The site of the Miles mine was once a wooded hillside where tribal members hunted, a part of the tribe's reservation mistakenly sold in the early half of the century.

The Muckleshoots successfully pressed a claim to the pit against the Miles Sand and Gravel Co. late last year, arriving at an out-of-court settlement likely to restore the pit to tribal trust land.

As such, the pit would be jointly governed by the tribe, the BIA and the federal Bureau of Land Management.

That means the city is likely to lose considerable control over the dominant feature on its horizon.

Although the details of the Auburn dispute are complicated, the theme is a familiar one. Dave Norman, chief reclamation officer for the state Department of Natural Resources, said the Miles pit illustrates a classic problem with gravel companies, which are finding it increasingly difficult to co-exist with the communities that support them.

The result? Legal disputes involving control of pits have become commonplace in recent years as miners invoke state and federal laws to supersede local controls.

The Miles imbroglio is likely to grow into such a full-fledged court battle.

City officials have hinted they will take legal action to retain permit authority, despite the tribe's pending control of the site.

At stake is citizens' ability to control their surroundings, contends Steve Lancaster, Auburn planning director.

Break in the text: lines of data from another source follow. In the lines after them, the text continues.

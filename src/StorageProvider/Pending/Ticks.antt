-- ===== src/StorageProvider/Pending/Ticks.antt =====
-- What one pass over the pending uploads does to the files, the list and the announcements.
use archoncloud_go.Base.{
  ℕ, ◌-◌, ◌≡◌, ◌≢◌, refl, sym, ap, ◌∙◌, subst, List, [], ◌∷◌, ◌++◌, append-nil, append_assoc, ltb,
  bytes_eq, bytes_eq→eq, Bool, Bool-cases, ◌⊎◌, inl, inr, All, All-weaken, bytes_eq→ne,
}
use archoncloud_go.Common.Bytes.{Bytes}
use archoncloud_go.StorageProvider.Pending.{
  AccountType, PendingUpload, Chain, Status, verify_unknown, verify_failed, verify_ok, Verifier,
  verify, ten_minutes, drop_path, receive_pending, act_on, check_upload, check_uploads, tick,
}

pub Status-cases : (s : Status) → (s ≡ verify_ok) ⊎ ((s ≡ verify_unknown) ⊎ (s ≡ verify_failed))
Status-cases verify_ok = inl refl
Status-cases verify_unknown = inr (inl refl)
Status-cases verify_failed = inr (inr refl)

-- No two uploads of the list have the same file.
abbrev pub IsDistinct : List PendingUpload → Type 0
IsDistinct [] = Unit
IsDistinct (p ∷ ps) = All (λ (q : PendingUpload). p.file_path ≢ q.file_path) ps × IsDistinct ps

module _ (P : PendingUpload → Type 0) where
  pub All-append_one :
      (ps : List PendingUpload) (q : PendingUpload) → All P ps → P q → All P (ps ++ q ∷ [])
  All-append_one [] q h k = (k, tt)
  All-append_one (p ∷ ps) q (h, hs) k = (h, All-append_one ps q hs k)

  pub All-drop_path : (p : Bytes) (ps : List PendingUpload) → All P ps → All P (drop_path p ps)
  unfolding drop_path
  All-drop_path p [] h = tt
  All-drop_path p (q ∷ ps) (h, hs) = elim (Bool-cases (bytes_eq q.file_path p)) [
    | inl e ↦ rw e hs
    | inr e ↦ rw e (h, All-drop_path p ps hs)
  ]

IsDistinct-append :
    (ps : List PendingUpload) (q : PendingUpload)
    → IsDistinct ps
    → All (λ (p : PendingUpload). p.file_path ≢ q.file_path) ps
    → IsDistinct (ps ++ q ∷ [])
IsDistinct-append [] q d h = (tt, tt)
IsDistinct-append (p ∷ ps) q (a, d) (h, hs) = (
  All-append_one (λ (r : PendingUpload). p.file_path ≢ r.file_path) ps q a h,
  IsDistinct-append ps q d hs,
)

IsDistinct-drop_path :
    (p : Bytes) (ps : List PendingUpload) → IsDistinct ps → IsDistinct (drop_path p ps)
unfolding drop_path
IsDistinct-drop_path p [] d = tt
IsDistinct-drop_path p (q ∷ ps) (a, d) = elim (Bool-cases (bytes_eq q.file_path p)) [
  | inl e ↦ rw e d
  | inr e ↦ rw e (
    All-drop_path (λ (r : PendingUpload). q.file_path ≢ r.file_path) p ps a,
    IsDistinct-drop_path p ps d,
  )
]

dropped :
    (p : Bytes) (ps : List PendingUpload)
    → IsDistinct ps
    → All (λ (q : PendingUpload). q.file_path ≢ p) (drop_path p ps)
unfolding drop_path
dropped p [] d = tt
dropped p (q ∷ ps) (a, d) = elim (Bool-cases (bytes_eq q.file_path p)) [
  | inl e ↦
      let same = bytes_eq→eq q.file_path p e in
      rw e (
        subst (λ t. All (λ (r : PendingUpload). r.file_path ≢ t) ps) same
          (All-weaken ps (λ r n e. n (sym e)) a))
  | inr e ↦ rw e (bytes_eq→ne q.file_path p e, dropped p ps d)
]

-- Receiving an upload keeps the paths distinct, since it drops what it replaces.
pub receive_pending-IsDistinct :
    (pu : PendingUpload) (v : Verifier)
    → IsDistinct v.to_verify
    → IsDistinct (receive_pending pu v).to_verify
unfolding receive_pending
receive_pending-IsDistinct pu v d =
    IsDistinct-append (drop_path pu.file_path v.to_verify) pu
      (IsDistinct-drop_path pu.file_path v.to_verify d) (dropped pu.file_path v.to_verify d)

-- The uploads that remain are some of those that were checked, in order.
pub data Sub : List PendingUpload → List PendingUpload → Type 0 where
  done : Sub [] []
  kept : {p : PendingUpload} {ps qs : List PendingUpload} → Sub ps qs → Sub (p ∷ ps) (p ∷ qs)
  gone : {p : PendingUpload} {ps qs : List PendingUpload} → Sub ps qs → Sub ps (p ∷ qs)

pub Sub-All :
    (P : PendingUpload → Type 0) {ps qs : List PendingUpload} → Sub ps qs → All P qs → All P ps
Sub-All P done h = tt
Sub-All P (kept s) (h, hs) = (h, Sub-All P s hs)
Sub-All P (gone s) (h, hs) = Sub-All P s hs

pub Sub-IsDistinct : {ps qs : List PendingUpload} → Sub ps qs → IsDistinct qs → IsDistinct ps
Sub-IsDistinct done d = tt
Sub-IsDistinct (kept {p} s) (a, d) =
    (Sub-All (λ (r : PendingUpload). p.file_path ≢ r.file_path) s a, Sub-IsDistinct s d)
Sub-IsDistinct (gone s) (a, d) = Sub-IsDistinct s d

module _ (chain : AccountType → Chain) (announce_to_dht : Bytes → Bytes → Bool) (now : ℕ) where
  act_on-remaining :
      (pu : PendingUpload) (v : Verifier) (st : Status)
      → ((act_on chain announce_to_dht now pu v st).to_verify ≡ v.to_verify)
        ⊎ ((act_on chain announce_to_dht now pu v st).to_verify ≡ v.to_verify ++ pu ∷ [])
  unfolding act_on
  act_on-remaining pu v verify_ok = inl refl
  act_on-remaining pu v verify_unknown = elim (Bool-cases (ltb ten_minutes (now - pu.received))) [
    | inl l ↦ inl (rw l)
    | inr l ↦ inr (rw l)
  ]
  act_on-remaining pu v verify_failed = inl refl

  check_uploads-Sub :
      (pus : List PendingUpload) (v : Verifier)
      → (rs : List PendingUpload) × Sub rs pus
        × ((check_uploads chain announce_to_dht now pus v).to_verify ≡ v.to_verify ++ rs)
  unfolding check_uploads check_upload
  check_uploads-Sub [] v = ([], done, sym (append-nil v.to_verify))
  check_uploads-Sub (pu ∷ pus) v =
      let st = verify (chain pu.account) pu in
      let (rs, sub, e) = check_uploads-Sub pus (act_on chain announce_to_dht now pu v st) in
      elim (act_on-remaining pu v st) [
        | inl k ↦ (rs, gone sub, e ∙ ap (λ xs. xs ++ rs) k)
        | inr k ↦
            (pu ∷ rs, kept sub, e ∙ ap (λ xs. xs ++ rs) k ∙ append_assoc v.to_verify (pu ∷ []) rs)
      ]

  -- A tick keeps a part of the list.
  pub tick-Sub : (v : Verifier) → Sub (tick chain announce_to_dht now v).to_verify v.to_verify
  unfolding tick
  tick-Sub v =
      let (rs, sub, e) = check_uploads-Sub v.to_verify (record v { to_verify = [] }) in
      subst (λ xs. Sub xs v.to_verify) (sym e) sub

Auburn wants to retain control of the site because gravel pits pose a moderate threat to ground-water quality and require detailed planning for restoring the land once mining is complete.

But the Muckleshoots bristle at Auburn's claims that it should be the environmental steward of the pit. Had the land remained in tribal control, it never would have been dug up in the first place, said Dan Stark, economic development coordinator for the Muckleshoots.

At issue is which set of regulations should apply to the pit. It's a question being asked more often as gravel miners struggle to hold their ground in the face of encroaching urbanization.

"There aren't many places where people want to have a gravel pit," said geologist LeBret of the BIA. "They've used up all that's easy to get, and we are getting more careful about where we dig holes."

In the Puget Sound area, the crisis has become especially acute as land becomes scarce and a growing population is squeezed against expanding gravel pits.

Towering sand- and gravel-processing plants spewing rocks are not easy to live near, as dust-weary neighbors of the Miles pit attest.

And gravel miners are not inclined to retire gracefully to less-populated areas. By nature, their gravel supply must be close to where people live and build.

"It's heavy," explained DNR's Norman. Each extra mile gravel is transported adds an average of 25 cents to its per-ton cost, he said.

Add to all this the fact that current regulation of gravel pits is Byzantine and messy.

So confusing and conflicting are the laws and myriad court decisions that few seem to have a good understanding of them.

The Legislature is trying to clear things up. This week, the state Senate is expected to consider a bill aimed at defining the roles of state and local governments in regulating the pits.

If passed, the bill would not help settle the Miles dispute because the jurisdictional question involves the federal government, not the state.

But, in essence, the problem is a similar one - a balance must be struck between the interests of the pit's nearest neighbors and the interests of a business that's not likely to stage a willing retreat.

LeBret predicts that in the end, both the tribe and the city will have to recognize the other's responsibility over the pit and forge a rough compromise, just as the Legislature is attempting to do now on a statewide scale.

The challenge is a sticky one, LeBret said. "But it goes on all the time."